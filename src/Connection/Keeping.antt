-- ===== src/Connection/Keeping.antt =====
-- What the reads and writes of frames in net/connection.cpp leave alone: a predicate that each of
-- their assignments keeps is kept by all of them.
use chromatin_protocol.Prelude.{
  ◌<◌, if◌then◌else◌, Bool-cases, inl, inr, leb, arith, ◌≡◌, ℕ, zero, suc, ◌+◌, ◌≡◌, arith, List,
  [], ◌∷◌, ◌++◌, Bool, true, false, not, Option, none, some, Bool-cases, inl, inr, ltb, leb, length,
  drop, get_or, ◌==◌,
}
use chromatin_protocol.External.Crypto.{Crypto}
use chromatin_protocol.Endian.{read_u32_be, read_u64_be}
use chromatin_protocol.Frame.{max_frame_size}
use chromatin_protocol.Connection.{
  Connection, PendingMessage, Network, Io, and_then, nonce_limit, close, require, async_write,
  send_raw, send_encrypted, async_read, recv_raw, open_frame, recv_encrypted,
}
use chromatin_protocol.Connection.Queue.{streaming_threshold, send_chunks, send_pending}
use chromatin_protocol.Connection.Loop.{
  chunked_header_size, max_chunked_wire_payload, saw_frame, add_chunk, recv_chunks, recv_chunked,
}

-- A predicate that the reads and writes of frames keep.
pub record Untouched {ι} (P : Connection → Type ι) : Type ι where
  pub on_close : (d : Connection) → P d → P (record d { closed = true })
  pub on_write :
      (n : ℕ) (bytes : List ℕ) (d : Connection)
      → P d
      → P (record d { writes = n; outgoing = bytes })
  pub on_send :
      (d : Connection)
      → d.send_counter < nonce_limit
      → P d
      → P (record d { send_counter = d.send_counter + 1 })
  pub on_read : (bytes : List ℕ) (d : Connection) → P d → P (record d { incoming = bytes })
  pub on_recv :
      (d : Connection)
      → d.recv_counter < nonce_limit
      → P d
      → P (record d { recv_counter = d.recv_counter + 1 })
  pub on_clock : (t : ℕ) (d : Connection) → P d → P (record d { last_recv_time = t })

pub leb-false : (a b : ℕ) → leb a b ≡ false → b < a
leb-false a b h = ground arith

pub if-keeps {ℓ κ} :
    {A : Type ℓ} (P : A → Type κ) (b : Bool) (x y : A) → P x → P y → P (if b then x else y)
if-keeps P true x y p q = p
if-keeps P false x y p q = q

pub and_then-keeps {ℓ κ ι} :
    {A : Type ℓ} {B : Type κ} (P : Connection → Type ι) (r : Connection × Option A) (f : A → Io B)
    → P r.0
    → ((a : A) (d : Connection) → P d → P (f a d).0)
    → P (and_then r f).0
and_then-keeps P (c, none) f p k = p
and_then-keeps P (c, some a) f p k = k a c p

pub require-keeps {ℓ} :
    (P : Connection → Type ℓ) (b : Bool) (d : Connection) → P d → P (require b d).0
require-keeps P true d p = p
require-keeps P false d p = p

module _ {ι} {P : Connection → Type ι} (u : Untouched P) where
  pub close-keeps : (d : Connection) → P d → P (close d)
  unfolding close
  close-keeps d q = if-keeps P d.closed d _ q (u.on_close d q)

  module _ ⦃N : Network⦄ where
    async_write-keeps : (bytes : List ℕ) (d : Connection) → P d → P (async_write bytes d).0
    unfolding async_write
    async_write-keeps bytes d q =
        let counted : P (record d { writes = d.writes + 1 }) = u.on_write _ d.outgoing d q in
        if-keeps (λ (r : Connection × Option (Unit {0})). P r.0) (N.write_fails d.writes) _ _
          counted
          (if-keeps (λ (r : Connection × Option (Unit {0})). P r.0) d.closed _ _ counted
            (u.on_write _ _ d q))

    pub send_raw-keeps : (bytes : List ℕ) (d : Connection) → P d → P (send_raw bytes d).0
    unfolding send_raw
    send_raw-keeps bytes d q =
        and_then-keeps P _ _ (async_write-keeps _ d q) (λ _ e p. async_write-keeps bytes e p)

  async_read-keeps : (n : ℕ) (d : Connection) → P d → P (async_read n d).0
  unfolding async_read
  async_read-keeps n d q =
      if-keeps (λ (r : Connection × Option (List ℕ)). P r.0) d.closed _ _ q
        (if-keeps (λ (r : Connection × Option (List ℕ)). P r.0) (ltb (length d.incoming) n) _ _
          (u.on_read [] d q) (u.on_read _ d q))

  pub recv_raw-keeps : (d : Connection) → P d → P (recv_raw d).0
  unfolding recv_raw
  recv_raw-keeps d q = and_then-keeps P (async_read 4 d) _ (async_read-keeps 4 d q) (λ header e p.
      let len = read_u32_be header in
      let ok = not (ltb max_frame_size len) in
      and_then-keeps P (require ok e) _ (require-keeps P ok e p)
        (λ _ f r. async_read-keeps len f r))

  add_chunk-keeps :
      (total : ℕ) (payload : List ℕ) (later : List ℕ → Io (List ℕ))
      → ((grown : List ℕ) (d : Connection) → P d → P (later grown d).0)
      → (chunk : List ℕ) (d : Connection) → P d
      → P (add_chunk total payload later chunk d).0
  unfolding add_chunk
  add_chunk-keeps total payload later k [] d q = q
  add_chunk-keeps total payload later k (x ∷ chunk) d q =
      let grown : List ℕ = payload ++ (x ∷ chunk) in
      let ok = not (ltb (total + 64) (length grown)) in
      and_then-keeps P (require ok d) _ (require-keeps P ok d q) (λ _ e p. k grown e p)

  module _ ⦃C : Crypto⦄ where
    open_frame-keeps : (raw : List ℕ) (d : Connection) → P d → P (open_frame raw d).0
    unfolding open_frame
    open_frame-keeps raw d q = elim (Bool-cases (leb nonce_limit d.recv_counter)) [
      | inl e ↦ rw e (close-keeps d q)
      | inr e ↦ rw e (u.on_recv d (leb-false nonce_limit d.recv_counter e) q)
    ]

    pub recv_encrypted-keeps : (d : Connection) → P d → P (recv_encrypted d).0
    unfolding recv_encrypted
    recv_encrypted-keeps d q =
        and_then-keeps P _ _ (recv_raw-keeps d q) (λ raw e p. open_frame-keeps raw e p)

  module _ ⦃C : Crypto⦄ ⦃N : Network⦄ where
    pub send_encrypted-keeps : (text : List ℕ) (d : Connection) → P d → P (send_encrypted text d).0
    unfolding send_encrypted
    send_encrypted-keeps text d q = elim (Bool-cases (leb nonce_limit d.send_counter)) [
      | inl e ↦ rw e (close-keeps d q)
      | inr e ↦ rw e (send_raw-keeps _ _ (u.on_send d (leb-false nonce_limit d.send_counter e) q))
    ]

    send_chunks-keeps :
        (size fuel : ℕ) (payload : List ℕ) (d : Connection)
        → P d
        → P (send_chunks size fuel payload d).0
    unfolding send_chunks
    send_chunks-keeps size zero [] d q = q
    send_chunks-keeps size (suc fuel) [] d q = q
    send_chunks-keeps size zero (x ∷ rest) d q = q
    send_chunks-keeps size (suc fuel) (x ∷ rest) d q =
        and_then-keeps P _ _ (send_encrypted-keeps _ d q)
          (λ _ e p. send_chunks-keeps size fuel (drop size (x ∷ rest)) e p)

    pub send_pending-keeps : (m : PendingMessage) (d : Connection) → P d → P (send_pending m d).0
    unfolding send_pending
    send_pending-keeps m d q = elim (Bool-cases m.is_chunked) [
      | inl e ↦
          let size = streaming_threshold in
          let payload = m.chunked_payload in
          rw e (
            and_then-keeps P (send_encrypted m.encoded d) _ (send_encrypted-keeps m.encoded d q)
              (λ _ d' p.
                and_then-keeps P (send_chunks size (length payload) payload d') _
                  (send_chunks-keeps size (length payload) payload d' p)
                  (λ _ d'' r. send_encrypted-keeps [] d'' r)))
      | inr e ↦ rw e (send_encrypted-keeps m.encoded d q)
    ]

    pub saw_frame-keeps : (d : Connection) → P d → P (saw_frame d)
    unfolding saw_frame
    saw_frame-keeps d q = u.on_clock N.now d q

    recv_chunks-keeps :
        (fuel total : ℕ) (payload : List ℕ) (d : Connection)
        → P d
        → P (recv_chunks fuel total payload d).0
    unfolding recv_chunks
    recv_chunks-keeps zero total payload d q = q
    recv_chunks-keeps (suc fuel) total payload d q =
        and_then-keeps P (recv_encrypted d) _ (recv_encrypted-keeps d q) (λ chunk e p.
          add_chunk-keeps total payload (λ grown. recv_chunks fuel total grown)
            (λ grown f r. recv_chunks-keeps fuel total grown f r) chunk (saw_frame e)
            (saw_frame-keeps e p))

    pub recv_chunked-keeps : (first : List ℕ) (d : Connection) → P d → P (recv_chunked first d).0
    unfolding recv_chunked
    recv_chunked-keeps first d q =
        let long = not (ltb (length first) chunked_header_size) in
        let begins = get_or first 0 0 == 1 in
        let total = read_u64_be (drop 6 first) in
        let bounded = not (ltb max_chunked_wire_payload total) in
        and_then-keeps P (require long d) _ (require-keeps P long d q) (λ _ e p.
          and_then-keeps P (require begins e) _ (require-keeps P begins e p) (λ _ f r.
            and_then-keeps P (require bounded f) _ (require-keeps P bounded f r) (λ _ g s.
              let payload : List ℕ = drop chunked_header_size first in
              let fuel = suc (length g.incoming) in
              and_then-keeps P (recv_chunks fuel total payload g) _
                (recv_chunks-keeps fuel total payload g s) (λ _ h t. t))))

* _PROMPT_
Please give an exact copy of the entries above, from the line with "and_then-keeps P (require ok d)" down to the line with "(λ _ e p. send_chunks-keeps", inclusive, and nothing else.

* _THE ANSWER_
      and_then-keeps P (require ok d) _ (require-keeps P ok d q) (λ _ e p. k grown e p)

  module _ ⦃C : Crypto⦄ where
    open_frame-keeps : (raw : List ℕ) (d : Connection) → P d → P (open_frame raw d).0
    unfolding open_frame
    open_frame-keeps raw d q = elim (Bool-cases (leb nonce_limit d.recv_counter)) [
      | inl e ↦ rw e (close-keeps d q)
      | inr e ↦ rw e (u.on_recv d (leb-false nonce_limit d.recv_counter e) q)
    ]

    pub recv_encrypted-keeps : (d : Connection) → P d → P (recv_encrypted d).0
    unfolding recv_encrypted
    recv_encrypted-keeps d q =
        and_then-keeps P _ _ (recv_raw-keeps d q) (λ raw e p. open_frame-keeps raw e p)

  module _ ⦃C : Crypto⦄ ⦃N : Network⦄ where
    pub send_encrypted-keeps : (text : List ℕ) (d : Connection) → P d → P (send_encrypted text d).0
    unfolding send_encrypted
    send_encrypted-keeps text d q = elim (Bool-cases (leb nonce_limit d.send_counter)) [
      | inl e ↦ rw e (close-keeps d q)
      | inr e ↦ rw e (send_raw-keeps _ _ (u.on_send d (leb-false nonce_limit d.send_counter e) q))
    ]

    send_chunks-keeps :
        (size fuel : ℕ) (payload : List ℕ) (d : Connection)
        → P d
        → P (send_chunks size fuel payload d).0
    unfolding send_chunks
    send_chunks-keeps size zero [] d q = q
    send_chunks-keeps size (suc fuel) [] d q = q
    send_chunks-keeps size zero (x ∷ rest) d q = q
    send_chunks-keeps size (suc fuel) (x ∷ rest) d q =
        and_then-keeps P _ _ (send_encrypted-keeps _ d q)
          (λ _ e p. send_chunks-keeps size fuel (drop size (x ∷ rest)) e p)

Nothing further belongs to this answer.